■ Description of the task ■
Your job is to copy all the entries precisely as they stand.

*** Opening Extracted data ***

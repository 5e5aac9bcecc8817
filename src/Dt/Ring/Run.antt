-- ===== src/Dt/Ring/Run.antt =====
-- A ring of dt/ring.go is a queue of bounded length that drops its oldest value when it is full.
use fun.Prelude.{
  ℕ, ◌≤◌, ◌<◌, ◌≡◌, refl, true, false, List, [], ◌∷◌, Option, none, some, arith, length,
}
use fun.Dt.Ring.{Ring, inner_init, init, setup, write, push, pop, len, fifo}
use fun.Dt.Ring.Holds.{max_sound_size, Holds, pushed, push_lem}
use fun.Dt.Ring.Pop.{ring_pop_lem, pop_empty}
use fun.Dt.Ring.Iterate.{ring_iterators_lem}

pub data Call (A : Type 0) : Type 0 where
  push_call : A → Call A
  pop_call : Call A
  len_call : Call A
  fifo_call : Call A

pub data Answer (A : Type 0) : Type 0 where
  done : Answer A
  popped : Option A → Answer A
  counted : ℕ → Answer A
  listed : List A → Answer A

module _ {A : Type 0} where
  -- What the queue of bounded length answers, and its values after the call.
  abbrev pub model_call : ℕ → List A → Call A → Answer A × List A
  model_call size xs (push_call v) = (done, pushed size xs v)
  model_call size [] pop_call = (popped none, [])
  model_call size (x ∷ xs) pop_call = (popped (some x), xs)
  model_call size xs len_call = (counted (length xs), xs)
  model_call size xs fifo_call = (listed xs, xs)

  abbrev pub model_run : ℕ → List A → List (Call A) → List (Answer A)
  model_run size xs [] = []
  model_run size xs (c ∷ cs) = let r = model_call size xs c in r.0 ∷ model_run size r.1 cs

  -- A ring that nobody has used.
  abbrev pub unused : A → Ring A
  unused z = record {
    size = 0;
    count = 0;
    pos = 0;
    total = 0;
    ready = false;
    ring = λ i. z;
    nils = λ i. true;
  }

module _ {A : Type 0} (z : A) where
  unfoldable pub serve : Ring A → Call A → Option (Answer A × Ring A)
  unfolding push pop len fifo
  serve r (push_call v) = elim (push z r v) [ none ↦ none | some s ↦ some (done, s) ]
  serve r pop_call = elim (pop z r) [ none ↦ none | some q ↦ some (popped q.0, q.1) ]
  serve r len_call = some (counted (len r), r)
  serve r fifo_call = elim (fifo z r) [ none ↦ none | some xs ↦ some (listed xs, r) ]

  unfoldable pub run : Ring A → List (Call A) → Option (List (Answer A))
  unfolding serve
  run r [] = some []
  run r (c ∷ cs) = elim (serve r c) [
    | none ↦ none
    | some q ↦ elim (run q.1 cs) [ none ↦ none | some rest ↦ some (q.0 ∷ rest) ]
  ]

  serve_lem :
      (r : Ring A) (xs : List A) (c : Call A)
      → Holds z r xs
      → (r' : Ring A) × (serve r c ≡ some ((model_call r.size xs c).0, r'))
        × Holds z r' (model_call r.size xs c).1
        × (r'.size ≡ r.size)
  unfolding serve len write
  serve_lem r xs (push_call v) h =
      let p = push_lem z r xs v h in (write r v, ground (arith, p.0), p.1, refl)
  serve_lem r [] pop_call h = (r, ground (arith, pop_empty z r h), h, refl)
  serve_lem r (x ∷ xs) pop_call h =
      let (r', e, h', s, rest) = ring_pop_lem z r x xs h in (r', ground (arith, e), h', s)
  serve_lem r xs len_call h = (r, ground (arith, h.counts), h, refl)
  serve_lem r xs fifo_call h =
      let e = (ring_iterators_lem z r xs h).0 in (r, ground (arith, e), h, refl)

  run_lem :
      (r : Ring A) (xs : List A) (cs : List (Call A))
      → Holds z r xs
      → run r cs ≡ some (model_run r.size xs cs)
  unfolding run
  run_lem r xs [] h = refl
  run_lem r xs (c ∷ cs) h =
      let (r', e, h', s) = serve_lem r xs c h in
      let rest = run_lem r' (model_call r.size xs c).1 cs h' in ground (arith, e, rest, s)

  -- The ring that Setup makes of an unused one.
  unfoldable pub made : ℕ → Ring A
  made n = record (unused z) { size = n; ready = true }

  pub made-Holds : (n : ℕ) → 1 < n → n ≤ max_sound_size → Holds z (made n) []
  unfolding made
  made-Holds n l m = record {
    ready = refl;
    two = l;
    small = m;
    within = omega arith;
    counts = refl;
    fits = omega arith;
    not_wrapped = λ w. (omega arith, ground arith);
    empty = λ i b e. (refl, refl);
    full = λ i b e. absurd (ground arith);
  }

  -- A ring that Setup makes, of a size from 2 to 3037000499, where no product in offset wraps, answers whatever calls
  -- of Push, Pop, Len and FIFO a client makes as the queue does that holds as many values as the size says
  -- and drops its oldest when it is full. No call panics, and every loop ends.
  pub ring_run_refines :
      (n : ℕ) (cs : List (Call A))
      → 1 < n
      → n ≤ max_sound_size
      → (r : Ring A) × (setup z (unused z) n ≡ some r) × (run r cs ≡ some (model_run n [] cs))
  unfolding setup init inner_init made
  ring_run_refines n cs l m = (made n, ground (arith), run_lem (made n) [] cs (made-Holds n l m))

*** Closing Extracted data ***

■ Problem solution ■
repository 5e5aac9bcecc8817
filename src/Dt/Ring/Run.antt
-- ===== src/Dt/Ring/Run.antt =====
-- A ring of dt/ring.go is a queue of bounded length that drops its oldest value when it is full.
use fun.Prelude.{
  ℕ, ◌≤◌, ◌<◌, ◌≡◌, refl, true, false, List, [], ◌∷◌, Option, none, some, arith, length,
}
use fun.Dt.Ring.{Ring, inner_init, init, setup, write, push, pop, len, fifo}
use fun.Dt.Ring.Holds.{max_sound_size, Holds, pushed, push_lem}
use fun.Dt.Ring.Pop.{ring_pop_lem, pop_empty}
use fun.Dt.Ring.Iterate.{ring_iterators_lem}

pub data Call (A : Type 0) : Type 0 where
  push_call : A → Call A
  pop_call : Call A
  len_call : Call A
  fifo_call : Call A

pub data Answer (A : Type 0) : Type 0 where
  done : Answer A
  popped : Option A → Answer A
  counted : ℕ → Answer A
  listed : List A → Answer A

module _ {A : Type 0} where
  -- What the queue of bounded length answers, and its values after the call.
  abbrev pub model_call : ℕ → List A → Call A → Answer A × List A
  model_call size xs (push_call v) = (done, pushed size xs v)
  model_call size [] pop_call = (popped none, [])
  model_call size (x ∷ xs) pop_call = (popped (some x), xs)
  model_call size xs len_call = (counted (length xs), xs)
  model_call size xs fifo_call = (listed xs, xs)

  abbrev pub model_run : ℕ → List A → List (Call A) → List (Answer A)
  model_run size xs [] = []
  model_run size xs (c ∷ cs) = let r = model_call size xs c in r.0 ∷ model_run size r.1 cs

  -- A ring that nobody has used.
  abbrev pub unused : A → Ring A
  unused z = record {
    size = 0;
    count = 0;
    pos = 0;
    total = 0;
    ready = false;
    ring = λ i. z;
    nils = λ i. true;
  }

module _ {A : Type 0} (z : A) where
  unfoldable pub serve : Ring A → Call A → Option (Answer A × Ring A)
  unfolding push pop len fifo
  serve r (push_call v) = elim (push z r v) [ none ↦ none | some s ↦ some (done, s) ]
  serve r pop_call = elim (pop z r) [ none ↦ none | some q ↦ some (popped q.0, q.1) ]
  serve r len_call = some (counted (len r), r)
  serve r fifo_call = elim (fifo z r) [ none ↦ none | some xs ↦ some (listed xs, r) ]

  unfoldable pub run : Ring A → List (Call A) → Option (List (Answer A))
  unfolding serve
  run r [] = some []
  run r (c ∷ cs) = elim (serve r c) [
    | none ↦ none
    | some q ↦ elim (run q.1 cs) [ none ↦ none | some rest ↦ some (q.0 ∷ rest) ]
  ]

  serve_lem :
      (r : Ring A) (xs : List A) (c : Call A)
      → Holds z r xs
      → (r' : Ring A) × (serve r c ≡ some ((model_call r.size xs c).0, r'))
        × Holds z r' (model_call r.size xs c).1
        × (r'.size ≡ r.size)
  unfolding serve len write
  serve_lem r xs (push_call v) h =
      let p = push_lem z r xs v h in (write r v, ground (arith, p.0), p.1, refl)
  serve_lem r [] pop_call h = (r, ground (arith, pop_empty z r h), h, refl)
  serve_lem r (x ∷ xs) pop_call h =
      let (r', e, h', s, rest) = ring_pop_lem z r x xs h in (r', ground (arith, e), h', s)
  serve_lem r xs len_call h = (r, ground (arith, h.counts), h, refl)
  serve_lem r xs fifo_call h =
      let e = (ring_iterators_lem z r xs h).0 in (r, ground (arith, e), h, refl)

  run_lem :
      (r : Ring A) (xs : List A) (cs : List (Call A))
      → Holds z r xs
      → run r cs ≡ some (model_run r.size xs cs)
  unfolding run
  run_lem r xs [] h = refl
  run_lem r xs (c ∷ cs) h =
      let (r', e, h', s) = serve_lem r xs c h in
      let rest = run_lem r' (model_call r.size xs c).1 cs h' in ground (arith, e, rest, s)

  -- The ring that Setup makes of an unused one.
  unfoldable pub made : ℕ → Ring A
  made n = record (unused z) { size = n; ready = true }

  pub made-Holds : (n : ℕ) → 1 < n → n ≤ max_sound_size → Holds z (made n) []
  unfolding made
  made-Holds n l m = record {
    ready = refl;
    two = l;
    small = m;
    within = omega arith;
    counts = refl;
    fits = omega arith;
    not_wrapped = λ w. (omega arith, ground arith);
    empty = λ i b e. (refl, refl);
    full = λ i b e. absurd (ground arith);
  }

  -- A ring that Setup makes, of a size from 2 to 3037000499, where no product in offset wraps, answers whatever calls
  -- of Push, Pop, Len and FIFO a client makes as the queue does that holds as many values as the size says
  -- and drops its oldest when it is full. No call panics, and every loop ends.
  pub ring_run_refines :
      (n : ℕ) (cs : List (Call A))
      → 1 < n
      → n ≤ max_sound_size
      → (r : Ring A) × (setup z (unused z) n ≡ some r) × (run r cs ≡ some (model_run n [] cs))
  unfolding setup init inner_init made
  ring_run_refines n cs l m = (made n, ground (arith), run_lem (made n) [] cs (made-Holds n l m))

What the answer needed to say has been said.